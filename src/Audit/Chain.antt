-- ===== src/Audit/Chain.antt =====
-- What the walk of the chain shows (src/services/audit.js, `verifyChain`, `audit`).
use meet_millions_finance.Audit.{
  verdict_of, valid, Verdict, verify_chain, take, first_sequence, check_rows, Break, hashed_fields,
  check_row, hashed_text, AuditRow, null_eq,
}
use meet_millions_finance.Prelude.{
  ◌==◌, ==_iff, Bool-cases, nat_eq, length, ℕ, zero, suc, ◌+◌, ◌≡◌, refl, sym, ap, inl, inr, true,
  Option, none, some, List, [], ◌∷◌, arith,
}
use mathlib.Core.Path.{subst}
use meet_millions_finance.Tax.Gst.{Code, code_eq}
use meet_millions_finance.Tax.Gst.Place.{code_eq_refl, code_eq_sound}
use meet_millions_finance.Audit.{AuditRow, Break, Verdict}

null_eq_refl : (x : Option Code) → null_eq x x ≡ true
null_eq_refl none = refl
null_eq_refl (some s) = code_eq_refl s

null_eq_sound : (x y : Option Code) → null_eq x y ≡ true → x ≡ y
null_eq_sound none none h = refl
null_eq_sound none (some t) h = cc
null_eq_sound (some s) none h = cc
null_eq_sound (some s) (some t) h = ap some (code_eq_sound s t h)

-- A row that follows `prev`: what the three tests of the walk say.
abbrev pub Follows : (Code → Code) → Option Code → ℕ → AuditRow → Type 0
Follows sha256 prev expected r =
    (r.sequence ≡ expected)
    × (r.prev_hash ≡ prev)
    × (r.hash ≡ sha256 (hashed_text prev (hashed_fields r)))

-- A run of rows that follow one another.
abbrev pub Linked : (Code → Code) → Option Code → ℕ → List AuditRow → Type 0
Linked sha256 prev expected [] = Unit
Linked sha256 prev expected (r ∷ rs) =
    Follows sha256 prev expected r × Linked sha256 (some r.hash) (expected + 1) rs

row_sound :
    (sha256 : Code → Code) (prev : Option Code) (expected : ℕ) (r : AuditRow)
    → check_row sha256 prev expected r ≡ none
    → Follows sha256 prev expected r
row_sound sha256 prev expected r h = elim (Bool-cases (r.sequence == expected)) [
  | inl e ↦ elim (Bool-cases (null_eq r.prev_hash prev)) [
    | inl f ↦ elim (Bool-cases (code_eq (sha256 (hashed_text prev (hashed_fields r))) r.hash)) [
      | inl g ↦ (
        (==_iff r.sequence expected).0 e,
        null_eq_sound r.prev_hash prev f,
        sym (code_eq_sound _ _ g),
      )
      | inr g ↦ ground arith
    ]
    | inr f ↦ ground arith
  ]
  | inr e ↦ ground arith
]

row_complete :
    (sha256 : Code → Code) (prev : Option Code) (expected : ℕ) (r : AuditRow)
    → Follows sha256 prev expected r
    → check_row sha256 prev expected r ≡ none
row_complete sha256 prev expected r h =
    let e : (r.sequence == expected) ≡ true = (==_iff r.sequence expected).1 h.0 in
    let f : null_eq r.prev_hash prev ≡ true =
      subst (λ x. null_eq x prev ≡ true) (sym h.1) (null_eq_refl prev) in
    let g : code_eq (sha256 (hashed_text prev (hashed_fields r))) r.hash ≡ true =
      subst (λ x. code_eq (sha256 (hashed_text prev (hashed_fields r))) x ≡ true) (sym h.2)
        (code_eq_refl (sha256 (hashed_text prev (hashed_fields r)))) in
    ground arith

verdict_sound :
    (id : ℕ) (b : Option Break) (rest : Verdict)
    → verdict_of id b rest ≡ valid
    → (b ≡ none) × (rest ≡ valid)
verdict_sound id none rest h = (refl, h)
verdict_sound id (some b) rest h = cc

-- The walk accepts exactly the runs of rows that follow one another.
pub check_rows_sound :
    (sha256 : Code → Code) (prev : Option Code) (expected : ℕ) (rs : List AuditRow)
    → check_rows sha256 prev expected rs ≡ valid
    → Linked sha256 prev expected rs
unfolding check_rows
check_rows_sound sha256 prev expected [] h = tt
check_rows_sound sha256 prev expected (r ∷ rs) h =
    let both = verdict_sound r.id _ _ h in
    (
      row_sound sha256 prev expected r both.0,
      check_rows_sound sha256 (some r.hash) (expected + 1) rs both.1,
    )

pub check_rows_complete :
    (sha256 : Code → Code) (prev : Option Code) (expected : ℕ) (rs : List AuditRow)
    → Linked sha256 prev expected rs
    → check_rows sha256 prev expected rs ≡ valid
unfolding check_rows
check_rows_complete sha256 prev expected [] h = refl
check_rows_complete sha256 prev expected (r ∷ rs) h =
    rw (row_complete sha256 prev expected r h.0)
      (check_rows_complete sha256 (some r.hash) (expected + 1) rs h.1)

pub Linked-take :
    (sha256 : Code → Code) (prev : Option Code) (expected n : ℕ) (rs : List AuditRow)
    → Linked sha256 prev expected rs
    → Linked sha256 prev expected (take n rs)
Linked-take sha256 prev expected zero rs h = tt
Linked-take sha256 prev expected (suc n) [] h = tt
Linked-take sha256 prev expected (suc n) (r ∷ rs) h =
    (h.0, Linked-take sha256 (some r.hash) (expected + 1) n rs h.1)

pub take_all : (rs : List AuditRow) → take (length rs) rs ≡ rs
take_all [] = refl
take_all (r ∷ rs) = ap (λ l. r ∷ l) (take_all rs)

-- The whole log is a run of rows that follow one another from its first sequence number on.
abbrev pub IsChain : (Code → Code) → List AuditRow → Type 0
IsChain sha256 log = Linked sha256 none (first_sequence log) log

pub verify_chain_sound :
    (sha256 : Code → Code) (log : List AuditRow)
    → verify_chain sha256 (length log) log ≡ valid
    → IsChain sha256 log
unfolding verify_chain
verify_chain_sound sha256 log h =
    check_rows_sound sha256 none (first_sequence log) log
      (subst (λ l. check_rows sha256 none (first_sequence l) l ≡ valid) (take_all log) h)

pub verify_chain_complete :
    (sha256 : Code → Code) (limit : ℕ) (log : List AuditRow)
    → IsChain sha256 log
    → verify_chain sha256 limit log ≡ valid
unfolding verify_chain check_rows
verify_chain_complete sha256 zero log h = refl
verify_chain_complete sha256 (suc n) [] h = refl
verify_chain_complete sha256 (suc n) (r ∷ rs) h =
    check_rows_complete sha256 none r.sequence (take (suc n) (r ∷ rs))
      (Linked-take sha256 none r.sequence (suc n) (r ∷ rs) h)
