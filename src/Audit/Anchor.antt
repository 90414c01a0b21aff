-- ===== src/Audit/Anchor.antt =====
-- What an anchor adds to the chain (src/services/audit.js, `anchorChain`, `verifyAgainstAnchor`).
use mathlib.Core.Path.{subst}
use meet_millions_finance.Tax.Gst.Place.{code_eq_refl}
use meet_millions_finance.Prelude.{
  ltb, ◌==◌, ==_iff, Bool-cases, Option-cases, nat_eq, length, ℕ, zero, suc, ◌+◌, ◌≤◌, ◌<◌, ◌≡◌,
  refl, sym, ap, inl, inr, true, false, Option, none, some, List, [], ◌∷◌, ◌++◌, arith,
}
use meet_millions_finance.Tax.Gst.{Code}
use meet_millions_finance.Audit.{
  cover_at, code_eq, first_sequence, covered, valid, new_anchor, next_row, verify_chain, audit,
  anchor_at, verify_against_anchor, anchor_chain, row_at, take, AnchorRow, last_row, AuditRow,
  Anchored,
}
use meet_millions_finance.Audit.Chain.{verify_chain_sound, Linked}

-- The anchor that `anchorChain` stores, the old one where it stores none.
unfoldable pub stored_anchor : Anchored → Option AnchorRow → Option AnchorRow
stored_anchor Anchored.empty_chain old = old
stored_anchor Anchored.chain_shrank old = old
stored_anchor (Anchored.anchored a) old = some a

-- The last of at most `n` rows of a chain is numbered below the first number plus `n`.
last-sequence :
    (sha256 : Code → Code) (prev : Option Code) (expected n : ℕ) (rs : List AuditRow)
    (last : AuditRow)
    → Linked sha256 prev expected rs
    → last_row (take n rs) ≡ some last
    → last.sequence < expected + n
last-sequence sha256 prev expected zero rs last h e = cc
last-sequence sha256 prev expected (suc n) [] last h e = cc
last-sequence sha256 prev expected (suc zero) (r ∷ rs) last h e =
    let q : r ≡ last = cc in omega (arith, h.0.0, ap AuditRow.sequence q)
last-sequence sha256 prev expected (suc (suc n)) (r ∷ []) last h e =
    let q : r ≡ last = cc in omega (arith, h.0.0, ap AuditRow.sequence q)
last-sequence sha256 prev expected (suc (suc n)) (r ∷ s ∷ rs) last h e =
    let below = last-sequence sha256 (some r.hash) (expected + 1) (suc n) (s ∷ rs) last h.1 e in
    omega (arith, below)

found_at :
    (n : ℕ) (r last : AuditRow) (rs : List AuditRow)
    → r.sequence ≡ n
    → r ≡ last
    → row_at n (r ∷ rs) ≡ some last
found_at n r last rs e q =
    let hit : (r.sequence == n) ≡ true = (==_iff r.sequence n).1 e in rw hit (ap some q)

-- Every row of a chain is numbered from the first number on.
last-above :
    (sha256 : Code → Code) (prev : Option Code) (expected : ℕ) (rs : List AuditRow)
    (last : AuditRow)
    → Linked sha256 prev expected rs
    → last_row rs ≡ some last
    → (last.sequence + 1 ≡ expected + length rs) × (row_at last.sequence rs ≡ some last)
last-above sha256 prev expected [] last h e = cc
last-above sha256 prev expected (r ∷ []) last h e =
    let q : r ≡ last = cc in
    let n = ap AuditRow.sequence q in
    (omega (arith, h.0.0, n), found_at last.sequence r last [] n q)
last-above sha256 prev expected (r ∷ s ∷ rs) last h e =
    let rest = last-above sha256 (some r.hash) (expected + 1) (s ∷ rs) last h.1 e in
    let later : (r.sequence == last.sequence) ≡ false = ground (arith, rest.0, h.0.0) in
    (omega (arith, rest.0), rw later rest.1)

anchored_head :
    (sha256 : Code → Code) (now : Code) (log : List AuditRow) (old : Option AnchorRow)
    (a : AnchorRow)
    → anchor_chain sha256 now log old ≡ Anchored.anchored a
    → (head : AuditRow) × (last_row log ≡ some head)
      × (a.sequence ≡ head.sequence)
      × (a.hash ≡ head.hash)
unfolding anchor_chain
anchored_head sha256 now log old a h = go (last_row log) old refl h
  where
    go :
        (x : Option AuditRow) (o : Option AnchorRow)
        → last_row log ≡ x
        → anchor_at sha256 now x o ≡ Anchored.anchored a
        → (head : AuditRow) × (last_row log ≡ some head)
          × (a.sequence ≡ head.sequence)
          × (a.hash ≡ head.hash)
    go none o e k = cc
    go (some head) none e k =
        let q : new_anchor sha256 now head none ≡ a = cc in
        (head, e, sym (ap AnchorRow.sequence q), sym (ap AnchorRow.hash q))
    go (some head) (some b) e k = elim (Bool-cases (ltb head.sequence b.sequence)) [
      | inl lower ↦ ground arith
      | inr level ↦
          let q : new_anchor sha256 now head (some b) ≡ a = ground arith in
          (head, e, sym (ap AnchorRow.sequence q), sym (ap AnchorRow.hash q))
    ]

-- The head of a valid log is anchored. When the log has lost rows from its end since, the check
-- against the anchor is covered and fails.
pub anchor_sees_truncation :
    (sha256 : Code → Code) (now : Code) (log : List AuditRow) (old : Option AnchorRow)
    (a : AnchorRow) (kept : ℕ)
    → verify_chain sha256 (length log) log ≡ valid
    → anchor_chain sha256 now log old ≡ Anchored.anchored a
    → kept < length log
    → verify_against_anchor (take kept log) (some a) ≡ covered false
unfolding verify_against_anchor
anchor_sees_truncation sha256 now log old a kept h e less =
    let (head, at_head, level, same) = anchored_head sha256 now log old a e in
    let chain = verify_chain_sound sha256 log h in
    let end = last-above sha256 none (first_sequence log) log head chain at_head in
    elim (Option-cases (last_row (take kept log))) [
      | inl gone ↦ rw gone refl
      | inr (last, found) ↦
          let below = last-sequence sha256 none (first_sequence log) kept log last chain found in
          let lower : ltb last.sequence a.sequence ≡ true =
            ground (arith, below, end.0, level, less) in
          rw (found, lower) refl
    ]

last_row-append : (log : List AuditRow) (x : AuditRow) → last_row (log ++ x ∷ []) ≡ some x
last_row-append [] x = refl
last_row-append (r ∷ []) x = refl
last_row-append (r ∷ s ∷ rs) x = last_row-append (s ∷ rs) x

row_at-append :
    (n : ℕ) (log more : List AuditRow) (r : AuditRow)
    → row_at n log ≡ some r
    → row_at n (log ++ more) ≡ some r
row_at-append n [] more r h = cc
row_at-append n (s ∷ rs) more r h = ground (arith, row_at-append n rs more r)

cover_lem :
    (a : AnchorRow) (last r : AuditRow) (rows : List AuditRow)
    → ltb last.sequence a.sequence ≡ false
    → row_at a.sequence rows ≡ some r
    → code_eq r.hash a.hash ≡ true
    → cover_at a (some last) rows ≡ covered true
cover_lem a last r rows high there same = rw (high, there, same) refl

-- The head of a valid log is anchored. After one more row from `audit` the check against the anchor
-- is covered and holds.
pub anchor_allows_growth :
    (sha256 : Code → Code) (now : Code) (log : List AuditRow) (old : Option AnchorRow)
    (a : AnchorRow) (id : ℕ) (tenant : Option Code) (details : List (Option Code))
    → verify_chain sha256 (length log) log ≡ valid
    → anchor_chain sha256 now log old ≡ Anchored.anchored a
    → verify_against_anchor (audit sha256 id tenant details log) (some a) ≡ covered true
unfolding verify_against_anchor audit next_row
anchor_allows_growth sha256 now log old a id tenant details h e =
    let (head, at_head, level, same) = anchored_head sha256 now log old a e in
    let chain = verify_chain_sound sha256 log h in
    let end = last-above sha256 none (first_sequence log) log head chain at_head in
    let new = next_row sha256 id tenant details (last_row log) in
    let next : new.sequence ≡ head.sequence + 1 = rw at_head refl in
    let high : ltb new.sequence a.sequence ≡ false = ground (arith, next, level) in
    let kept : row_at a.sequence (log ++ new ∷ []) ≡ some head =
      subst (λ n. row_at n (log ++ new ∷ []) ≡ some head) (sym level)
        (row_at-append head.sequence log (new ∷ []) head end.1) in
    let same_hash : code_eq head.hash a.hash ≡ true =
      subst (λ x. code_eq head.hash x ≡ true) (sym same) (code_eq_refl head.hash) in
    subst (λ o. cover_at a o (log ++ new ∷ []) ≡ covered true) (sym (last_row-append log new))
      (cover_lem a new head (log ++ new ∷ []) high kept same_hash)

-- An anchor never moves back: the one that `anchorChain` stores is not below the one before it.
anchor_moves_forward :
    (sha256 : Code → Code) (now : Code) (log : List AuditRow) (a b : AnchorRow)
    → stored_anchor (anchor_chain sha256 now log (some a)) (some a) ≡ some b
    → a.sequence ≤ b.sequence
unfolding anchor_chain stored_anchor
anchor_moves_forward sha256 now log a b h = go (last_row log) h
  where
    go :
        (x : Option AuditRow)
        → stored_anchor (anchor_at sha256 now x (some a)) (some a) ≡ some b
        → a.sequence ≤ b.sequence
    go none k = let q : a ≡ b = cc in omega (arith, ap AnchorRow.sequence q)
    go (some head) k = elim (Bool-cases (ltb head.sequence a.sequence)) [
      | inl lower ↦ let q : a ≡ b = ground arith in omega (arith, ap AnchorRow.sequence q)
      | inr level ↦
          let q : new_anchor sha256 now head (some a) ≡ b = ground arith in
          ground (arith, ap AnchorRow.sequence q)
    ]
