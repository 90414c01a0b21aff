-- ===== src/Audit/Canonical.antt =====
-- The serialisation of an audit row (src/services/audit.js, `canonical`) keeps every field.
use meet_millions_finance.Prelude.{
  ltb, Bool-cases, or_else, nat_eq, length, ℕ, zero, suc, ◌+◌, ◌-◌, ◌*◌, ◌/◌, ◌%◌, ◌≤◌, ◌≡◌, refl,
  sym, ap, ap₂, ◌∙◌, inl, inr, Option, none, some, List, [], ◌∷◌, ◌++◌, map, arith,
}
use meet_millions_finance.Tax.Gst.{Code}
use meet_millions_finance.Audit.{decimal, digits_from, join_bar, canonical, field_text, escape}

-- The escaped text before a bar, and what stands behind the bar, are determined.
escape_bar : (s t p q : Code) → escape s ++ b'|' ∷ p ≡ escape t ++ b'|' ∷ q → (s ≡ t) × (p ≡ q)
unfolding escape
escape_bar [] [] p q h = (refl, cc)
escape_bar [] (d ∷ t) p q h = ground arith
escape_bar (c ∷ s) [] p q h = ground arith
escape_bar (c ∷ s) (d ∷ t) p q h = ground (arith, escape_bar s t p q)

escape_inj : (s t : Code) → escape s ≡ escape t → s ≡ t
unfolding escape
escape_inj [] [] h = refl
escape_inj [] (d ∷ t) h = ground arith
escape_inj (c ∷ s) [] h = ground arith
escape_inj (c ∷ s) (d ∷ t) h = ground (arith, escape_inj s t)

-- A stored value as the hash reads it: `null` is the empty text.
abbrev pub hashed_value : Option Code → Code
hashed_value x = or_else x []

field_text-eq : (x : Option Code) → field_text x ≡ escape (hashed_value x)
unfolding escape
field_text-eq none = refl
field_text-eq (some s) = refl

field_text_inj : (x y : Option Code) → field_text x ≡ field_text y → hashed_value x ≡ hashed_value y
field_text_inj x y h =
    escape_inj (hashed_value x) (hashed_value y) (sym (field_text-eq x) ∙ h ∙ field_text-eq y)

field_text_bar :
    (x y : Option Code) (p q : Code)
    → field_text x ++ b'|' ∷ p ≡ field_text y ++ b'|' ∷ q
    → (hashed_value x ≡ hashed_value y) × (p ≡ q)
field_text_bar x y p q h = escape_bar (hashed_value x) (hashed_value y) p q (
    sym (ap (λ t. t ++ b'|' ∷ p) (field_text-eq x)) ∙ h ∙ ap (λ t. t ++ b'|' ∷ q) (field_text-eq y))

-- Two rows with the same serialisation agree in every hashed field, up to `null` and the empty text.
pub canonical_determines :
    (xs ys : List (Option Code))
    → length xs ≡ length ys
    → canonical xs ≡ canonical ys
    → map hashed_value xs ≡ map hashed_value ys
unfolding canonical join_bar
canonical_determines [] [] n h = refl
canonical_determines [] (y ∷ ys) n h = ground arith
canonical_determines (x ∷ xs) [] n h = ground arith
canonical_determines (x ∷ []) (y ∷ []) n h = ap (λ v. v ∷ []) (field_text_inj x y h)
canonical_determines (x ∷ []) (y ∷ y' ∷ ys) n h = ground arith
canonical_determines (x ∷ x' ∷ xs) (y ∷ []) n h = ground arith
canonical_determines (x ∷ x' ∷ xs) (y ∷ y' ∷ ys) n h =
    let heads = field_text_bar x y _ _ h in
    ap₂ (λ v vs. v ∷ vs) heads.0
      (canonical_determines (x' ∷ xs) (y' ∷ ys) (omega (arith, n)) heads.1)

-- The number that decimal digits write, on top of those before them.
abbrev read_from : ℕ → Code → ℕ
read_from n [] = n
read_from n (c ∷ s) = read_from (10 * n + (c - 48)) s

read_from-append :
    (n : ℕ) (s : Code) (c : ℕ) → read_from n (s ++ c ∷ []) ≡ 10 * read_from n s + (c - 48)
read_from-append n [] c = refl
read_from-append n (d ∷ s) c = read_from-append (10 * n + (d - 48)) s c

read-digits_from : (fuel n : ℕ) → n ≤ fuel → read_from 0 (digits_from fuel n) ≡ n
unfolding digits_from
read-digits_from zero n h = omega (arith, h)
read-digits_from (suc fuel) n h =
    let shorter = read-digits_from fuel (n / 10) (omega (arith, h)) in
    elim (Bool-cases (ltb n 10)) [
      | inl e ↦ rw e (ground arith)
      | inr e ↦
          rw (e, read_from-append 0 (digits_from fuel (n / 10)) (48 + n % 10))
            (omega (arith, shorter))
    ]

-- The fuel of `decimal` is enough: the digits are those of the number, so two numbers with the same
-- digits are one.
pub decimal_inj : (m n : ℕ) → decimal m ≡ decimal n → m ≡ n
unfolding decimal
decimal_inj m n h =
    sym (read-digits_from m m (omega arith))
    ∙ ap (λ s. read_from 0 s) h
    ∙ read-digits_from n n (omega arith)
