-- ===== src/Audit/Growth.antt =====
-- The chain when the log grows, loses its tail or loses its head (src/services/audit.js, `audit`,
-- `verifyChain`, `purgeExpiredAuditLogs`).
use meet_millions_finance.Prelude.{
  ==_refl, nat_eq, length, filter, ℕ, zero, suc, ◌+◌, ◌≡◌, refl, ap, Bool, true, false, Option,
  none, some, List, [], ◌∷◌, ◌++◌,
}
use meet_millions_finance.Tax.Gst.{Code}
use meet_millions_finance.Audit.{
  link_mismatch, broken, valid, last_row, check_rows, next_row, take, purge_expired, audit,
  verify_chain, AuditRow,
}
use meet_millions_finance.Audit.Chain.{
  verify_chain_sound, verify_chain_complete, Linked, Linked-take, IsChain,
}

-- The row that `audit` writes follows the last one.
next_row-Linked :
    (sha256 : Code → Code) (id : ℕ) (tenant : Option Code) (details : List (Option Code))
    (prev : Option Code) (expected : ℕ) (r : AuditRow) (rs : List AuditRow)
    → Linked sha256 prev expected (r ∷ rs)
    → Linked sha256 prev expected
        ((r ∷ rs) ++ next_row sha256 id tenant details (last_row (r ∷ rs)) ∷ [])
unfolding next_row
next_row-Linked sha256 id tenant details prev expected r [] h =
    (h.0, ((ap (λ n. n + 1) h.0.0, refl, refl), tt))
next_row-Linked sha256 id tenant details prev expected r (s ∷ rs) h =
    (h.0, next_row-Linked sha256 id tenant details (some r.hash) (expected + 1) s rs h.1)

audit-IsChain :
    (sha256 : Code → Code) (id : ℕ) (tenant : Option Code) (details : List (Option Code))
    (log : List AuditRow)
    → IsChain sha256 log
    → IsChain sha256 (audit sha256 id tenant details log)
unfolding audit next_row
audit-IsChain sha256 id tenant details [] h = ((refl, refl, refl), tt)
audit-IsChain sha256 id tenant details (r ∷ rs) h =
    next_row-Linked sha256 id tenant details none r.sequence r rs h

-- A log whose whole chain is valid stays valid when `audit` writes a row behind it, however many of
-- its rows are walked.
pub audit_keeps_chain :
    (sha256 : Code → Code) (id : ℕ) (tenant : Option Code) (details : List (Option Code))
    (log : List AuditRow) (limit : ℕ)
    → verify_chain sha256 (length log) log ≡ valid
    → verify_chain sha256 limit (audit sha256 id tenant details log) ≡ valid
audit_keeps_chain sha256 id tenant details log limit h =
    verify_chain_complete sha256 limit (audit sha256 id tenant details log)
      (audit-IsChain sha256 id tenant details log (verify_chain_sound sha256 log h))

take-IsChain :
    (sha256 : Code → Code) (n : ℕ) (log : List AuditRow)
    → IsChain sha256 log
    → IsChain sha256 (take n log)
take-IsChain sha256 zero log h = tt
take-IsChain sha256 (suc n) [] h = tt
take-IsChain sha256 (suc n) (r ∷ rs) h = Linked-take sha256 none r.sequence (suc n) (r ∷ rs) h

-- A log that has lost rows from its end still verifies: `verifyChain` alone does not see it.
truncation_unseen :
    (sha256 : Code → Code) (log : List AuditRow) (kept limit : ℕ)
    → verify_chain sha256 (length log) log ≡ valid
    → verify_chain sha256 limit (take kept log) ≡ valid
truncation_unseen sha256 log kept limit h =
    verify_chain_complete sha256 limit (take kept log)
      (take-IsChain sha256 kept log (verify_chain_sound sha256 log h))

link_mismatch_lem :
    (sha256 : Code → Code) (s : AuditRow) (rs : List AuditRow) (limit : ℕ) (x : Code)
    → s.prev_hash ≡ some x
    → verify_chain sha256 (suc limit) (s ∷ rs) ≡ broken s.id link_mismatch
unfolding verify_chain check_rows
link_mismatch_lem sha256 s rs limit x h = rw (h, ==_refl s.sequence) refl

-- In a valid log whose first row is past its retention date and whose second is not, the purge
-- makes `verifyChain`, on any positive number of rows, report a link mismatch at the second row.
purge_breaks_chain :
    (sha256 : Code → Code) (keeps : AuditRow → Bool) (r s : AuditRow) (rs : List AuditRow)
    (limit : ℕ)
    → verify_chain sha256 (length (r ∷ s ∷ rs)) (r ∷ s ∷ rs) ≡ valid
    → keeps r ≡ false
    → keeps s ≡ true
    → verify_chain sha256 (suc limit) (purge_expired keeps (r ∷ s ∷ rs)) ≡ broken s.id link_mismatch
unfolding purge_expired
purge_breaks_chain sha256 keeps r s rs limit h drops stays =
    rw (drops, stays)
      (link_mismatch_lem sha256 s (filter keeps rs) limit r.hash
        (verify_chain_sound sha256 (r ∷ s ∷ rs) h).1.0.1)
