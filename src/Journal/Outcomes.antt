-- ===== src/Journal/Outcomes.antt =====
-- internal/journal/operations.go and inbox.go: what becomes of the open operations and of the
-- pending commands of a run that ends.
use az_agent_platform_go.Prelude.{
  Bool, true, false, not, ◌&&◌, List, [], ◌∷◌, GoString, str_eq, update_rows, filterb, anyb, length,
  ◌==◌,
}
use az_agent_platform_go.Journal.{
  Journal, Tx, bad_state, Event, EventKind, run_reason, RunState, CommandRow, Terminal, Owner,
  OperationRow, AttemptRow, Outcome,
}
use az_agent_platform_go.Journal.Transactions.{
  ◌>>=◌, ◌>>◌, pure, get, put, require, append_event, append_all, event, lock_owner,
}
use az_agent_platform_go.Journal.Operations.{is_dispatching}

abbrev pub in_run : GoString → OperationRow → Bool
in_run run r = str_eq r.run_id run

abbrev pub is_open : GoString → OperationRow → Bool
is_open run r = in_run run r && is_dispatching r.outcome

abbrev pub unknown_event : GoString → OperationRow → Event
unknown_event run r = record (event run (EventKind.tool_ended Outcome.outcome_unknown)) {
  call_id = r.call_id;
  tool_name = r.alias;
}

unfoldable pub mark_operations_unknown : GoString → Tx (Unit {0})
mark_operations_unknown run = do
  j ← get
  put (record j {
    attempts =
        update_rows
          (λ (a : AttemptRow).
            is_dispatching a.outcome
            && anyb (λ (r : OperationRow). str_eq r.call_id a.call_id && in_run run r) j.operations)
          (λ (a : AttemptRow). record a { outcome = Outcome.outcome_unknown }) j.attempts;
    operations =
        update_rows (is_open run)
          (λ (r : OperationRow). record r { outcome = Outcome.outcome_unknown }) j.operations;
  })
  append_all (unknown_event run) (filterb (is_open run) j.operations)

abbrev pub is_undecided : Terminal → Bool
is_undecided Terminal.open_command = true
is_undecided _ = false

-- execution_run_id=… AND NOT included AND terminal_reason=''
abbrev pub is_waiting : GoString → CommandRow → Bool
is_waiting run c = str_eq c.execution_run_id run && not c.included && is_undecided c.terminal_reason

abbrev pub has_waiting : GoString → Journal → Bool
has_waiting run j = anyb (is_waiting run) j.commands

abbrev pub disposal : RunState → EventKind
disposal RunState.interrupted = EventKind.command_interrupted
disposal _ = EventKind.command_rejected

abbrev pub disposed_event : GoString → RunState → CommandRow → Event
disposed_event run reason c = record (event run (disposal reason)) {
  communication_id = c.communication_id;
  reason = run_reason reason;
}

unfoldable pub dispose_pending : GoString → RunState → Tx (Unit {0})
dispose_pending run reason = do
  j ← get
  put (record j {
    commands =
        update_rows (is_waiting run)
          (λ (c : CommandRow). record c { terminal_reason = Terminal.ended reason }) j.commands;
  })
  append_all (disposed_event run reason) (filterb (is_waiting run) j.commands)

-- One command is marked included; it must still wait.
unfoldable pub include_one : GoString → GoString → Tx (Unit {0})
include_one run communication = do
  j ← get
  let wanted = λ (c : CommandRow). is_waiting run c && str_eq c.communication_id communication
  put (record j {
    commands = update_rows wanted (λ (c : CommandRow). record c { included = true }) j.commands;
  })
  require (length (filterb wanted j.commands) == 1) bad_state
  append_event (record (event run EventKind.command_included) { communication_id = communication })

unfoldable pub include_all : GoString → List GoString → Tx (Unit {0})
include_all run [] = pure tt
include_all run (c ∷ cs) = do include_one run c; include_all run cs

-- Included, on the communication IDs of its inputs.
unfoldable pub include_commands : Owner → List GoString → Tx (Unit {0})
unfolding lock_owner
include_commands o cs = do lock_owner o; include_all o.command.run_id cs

_ _ _ _ _

* **Required action**:
What lines of the listing above hold "still"? Copy all of them.

* **Reply to the exercise**:
-- A log that has lost rows from its end still verifies: `verifyChain` alone does not see it.
-- One command is marked included; it must still wait.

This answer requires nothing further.